WHAT TO WORK ON.
Give back the data in full. Leave nothing out.

RECORDS SUPPLIED.
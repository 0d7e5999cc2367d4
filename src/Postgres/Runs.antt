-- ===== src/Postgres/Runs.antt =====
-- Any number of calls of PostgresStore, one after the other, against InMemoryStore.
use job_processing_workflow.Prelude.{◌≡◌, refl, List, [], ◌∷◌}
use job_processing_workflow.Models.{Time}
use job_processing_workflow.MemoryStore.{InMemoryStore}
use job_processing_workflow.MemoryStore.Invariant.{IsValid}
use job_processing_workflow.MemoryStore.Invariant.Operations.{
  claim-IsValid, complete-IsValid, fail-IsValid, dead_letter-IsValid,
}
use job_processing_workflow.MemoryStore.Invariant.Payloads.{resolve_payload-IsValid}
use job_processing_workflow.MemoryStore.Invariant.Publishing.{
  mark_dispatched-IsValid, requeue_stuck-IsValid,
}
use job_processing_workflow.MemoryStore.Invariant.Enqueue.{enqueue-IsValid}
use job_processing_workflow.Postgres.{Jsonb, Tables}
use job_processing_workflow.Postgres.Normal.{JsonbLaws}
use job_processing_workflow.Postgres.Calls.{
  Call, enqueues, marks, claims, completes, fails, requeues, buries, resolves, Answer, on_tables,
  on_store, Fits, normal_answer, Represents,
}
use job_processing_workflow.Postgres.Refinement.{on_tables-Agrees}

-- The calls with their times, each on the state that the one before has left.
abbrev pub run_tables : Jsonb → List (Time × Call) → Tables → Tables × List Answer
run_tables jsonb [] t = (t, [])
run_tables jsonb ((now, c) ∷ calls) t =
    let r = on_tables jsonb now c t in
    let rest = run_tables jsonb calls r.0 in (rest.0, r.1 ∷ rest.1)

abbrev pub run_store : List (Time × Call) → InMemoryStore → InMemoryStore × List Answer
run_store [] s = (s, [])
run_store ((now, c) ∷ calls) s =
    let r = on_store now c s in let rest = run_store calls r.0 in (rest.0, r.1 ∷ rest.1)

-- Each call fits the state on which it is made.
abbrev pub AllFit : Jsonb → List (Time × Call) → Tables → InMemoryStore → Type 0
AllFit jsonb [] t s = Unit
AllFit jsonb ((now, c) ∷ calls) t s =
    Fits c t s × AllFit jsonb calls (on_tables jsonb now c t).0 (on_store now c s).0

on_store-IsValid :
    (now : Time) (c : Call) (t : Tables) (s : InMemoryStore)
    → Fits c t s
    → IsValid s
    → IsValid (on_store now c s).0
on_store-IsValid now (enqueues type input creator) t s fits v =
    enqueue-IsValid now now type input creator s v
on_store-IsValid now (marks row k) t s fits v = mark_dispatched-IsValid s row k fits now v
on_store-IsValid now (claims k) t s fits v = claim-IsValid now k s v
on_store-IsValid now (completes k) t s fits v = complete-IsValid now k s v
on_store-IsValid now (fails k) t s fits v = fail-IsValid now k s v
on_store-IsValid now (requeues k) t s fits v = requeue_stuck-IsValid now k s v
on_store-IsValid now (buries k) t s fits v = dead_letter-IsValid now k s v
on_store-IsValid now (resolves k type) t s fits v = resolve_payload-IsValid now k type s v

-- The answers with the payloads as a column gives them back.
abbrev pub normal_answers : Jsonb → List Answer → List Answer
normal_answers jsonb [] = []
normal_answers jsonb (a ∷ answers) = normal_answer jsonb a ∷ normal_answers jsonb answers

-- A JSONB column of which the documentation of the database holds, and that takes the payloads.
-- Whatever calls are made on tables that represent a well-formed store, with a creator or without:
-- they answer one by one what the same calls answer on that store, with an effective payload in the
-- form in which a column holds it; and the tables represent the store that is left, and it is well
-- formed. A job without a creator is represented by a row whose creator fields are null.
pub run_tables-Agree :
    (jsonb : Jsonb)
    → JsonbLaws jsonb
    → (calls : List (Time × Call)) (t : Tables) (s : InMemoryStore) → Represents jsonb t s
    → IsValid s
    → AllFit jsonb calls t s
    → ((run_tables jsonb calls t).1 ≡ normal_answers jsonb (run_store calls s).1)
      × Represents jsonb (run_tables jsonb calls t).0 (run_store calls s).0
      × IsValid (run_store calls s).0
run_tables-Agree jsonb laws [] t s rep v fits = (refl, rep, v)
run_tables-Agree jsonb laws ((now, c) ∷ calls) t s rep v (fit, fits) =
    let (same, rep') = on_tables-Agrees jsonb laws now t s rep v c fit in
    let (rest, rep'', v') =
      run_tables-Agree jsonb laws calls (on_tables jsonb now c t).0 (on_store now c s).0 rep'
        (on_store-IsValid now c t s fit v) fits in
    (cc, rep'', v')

ANSWER TO THIS TASK.
repository 0d7e5999cc2367d4
filename src/Postgres/Runs.antt
-- ===== src/Postgres/Runs.antt =====
-- Any number of calls of PostgresStore, one after the other, against InMemoryStore.
use job_processing_workflow.Prelude.{◌≡◌, refl, List, [], ◌∷◌}
use job_processing_workflow.Models.{Time}
use job_processing_workflow.MemoryStore.{InMemoryStore}
use job_processing_workflow.MemoryStore.Invariant.{IsValid}
use job_processing_workflow.MemoryStore.Invariant.Operations.{
  claim-IsValid, complete-IsValid, fail-IsValid, dead_letter-IsValid,
}
use job_processing_workflow.MemoryStore.Invariant.Payloads.{resolve_payload-IsValid}
use job_processing_workflow.MemoryStore.Invariant.Publishing.{
  mark_dispatched-IsValid, requeue_stuck-IsValid,
}
use job_processing_workflow.MemoryStore.Invariant.Enqueue.{enqueue-IsValid}
use job_processing_workflow.Postgres.{Jsonb, Tables}
use job_processing_workflow.Postgres.Normal.{JsonbLaws}
use job_processing_workflow.Postgres.Calls.{
  Call, enqueues, marks, claims, completes, fails, requeues, buries, resolves, Answer, on_tables,
  on_store, Fits, normal_answer, Represents,
}
use job_processing_workflow.Postgres.Refinement.{on_tables-Agrees}

-- The calls with their times, each on the state that the one before has left.
abbrev pub run_tables : Jsonb → List (Time × Call) → Tables → Tables × List Answer
run_tables jsonb [] t = (t, [])
run_tables jsonb ((now, c) ∷ calls) t =
    let r = on_tables jsonb now c t in
    let rest = run_tables jsonb calls r.0 in (rest.0, r.1 ∷ rest.1)

abbrev pub run_store : List (Time × Call) → InMemoryStore → InMemoryStore × List Answer
run_store [] s = (s, [])
run_store ((now, c) ∷ calls) s =
    let r = on_store now c s in let rest = run_store calls r.0 in (rest.0, r.1 ∷ rest.1)

-- Each call fits the state on which it is made.
abbrev pub AllFit : Jsonb → List (Time × Call) → Tables → InMemoryStore → Type 0
AllFit jsonb [] t s = Unit
AllFit jsonb ((now, c) ∷ calls) t s =
    Fits c t s × AllFit jsonb calls (on_tables jsonb now c t).0 (on_store now c s).0

on_store-IsValid :
    (now : Time) (c : Call) (t : Tables) (s : InMemoryStore)
    → Fits c t s
    → IsValid s
    → IsValid (on_store now c s).0
on_store-IsValid now (enqueues type input creator) t s fits v =
    enqueue-IsValid now now type input creator s v
on_store-IsValid now (marks row k) t s fits v = mark_dispatched-IsValid s row k fits now v
on_store-IsValid now (claims k) t s fits v = claim-IsValid now k s v
on_store-IsValid now (completes k) t s fits v = complete-IsValid now k s v
on_store-IsValid now (fails k) t s fits v = fail-IsValid now k s v
on_store-IsValid now (requeues k) t s fits v = requeue_stuck-IsValid now k s v
on_store-IsValid now (buries k) t s fits v = dead_letter-IsValid now k s v
on_store-IsValid now (resolves k type) t s fits v = resolve_payload-IsValid now k type s v

-- The answers with the payloads as a column gives them back.
abbrev pub normal_answers : Jsonb → List Answer → List Answer
normal_answers jsonb [] = []
normal_answers jsonb (a ∷ answers) = normal_answer jsonb a ∷ normal_answers jsonb answers

-- A JSONB column of which the documentation of the database holds, and that takes the payloads.
-- Whatever calls are made on tables that represent a well-formed store, with a creator or without:
-- they answer one by one what the same calls answer on that store, with an effective payload in the
-- form in which a column holds it; and the tables represent the store that is left, and it is well
-- formed. A job without a creator is represented by a row whose creator fields are null.
pub run_tables-Agree :
    (jsonb : Jsonb)
    → JsonbLaws jsonb
    → (calls : List (Time × Call)) (t : Tables) (s : InMemoryStore) → Represents jsonb t s
    → IsValid s
    → AllFit jsonb calls t s
    → ((run_tables jsonb calls t).1 ≡ normal_answers jsonb (run_store calls s).1)
      × Represents jsonb (run_tables jsonb calls t).0 (run_store calls s).0
      × IsValid (run_store calls s).0
run_tables-Agree jsonb laws [] t s rep v fits = (refl, rep, v)
run_tables-Agree jsonb laws ((now, c) ∷ calls) t s rep v (fit, fits) =
    let (same, rep') = on_tables-Agrees jsonb laws now t s rep v c fit in
    let (rest, rep'', v') =
      run_tables-Agree jsonb laws calls (on_tables jsonb now c t).0 (on_store now c s).0 rep'
        (on_store-IsValid now c t s fit v) fits in
    (cc, rep'', v')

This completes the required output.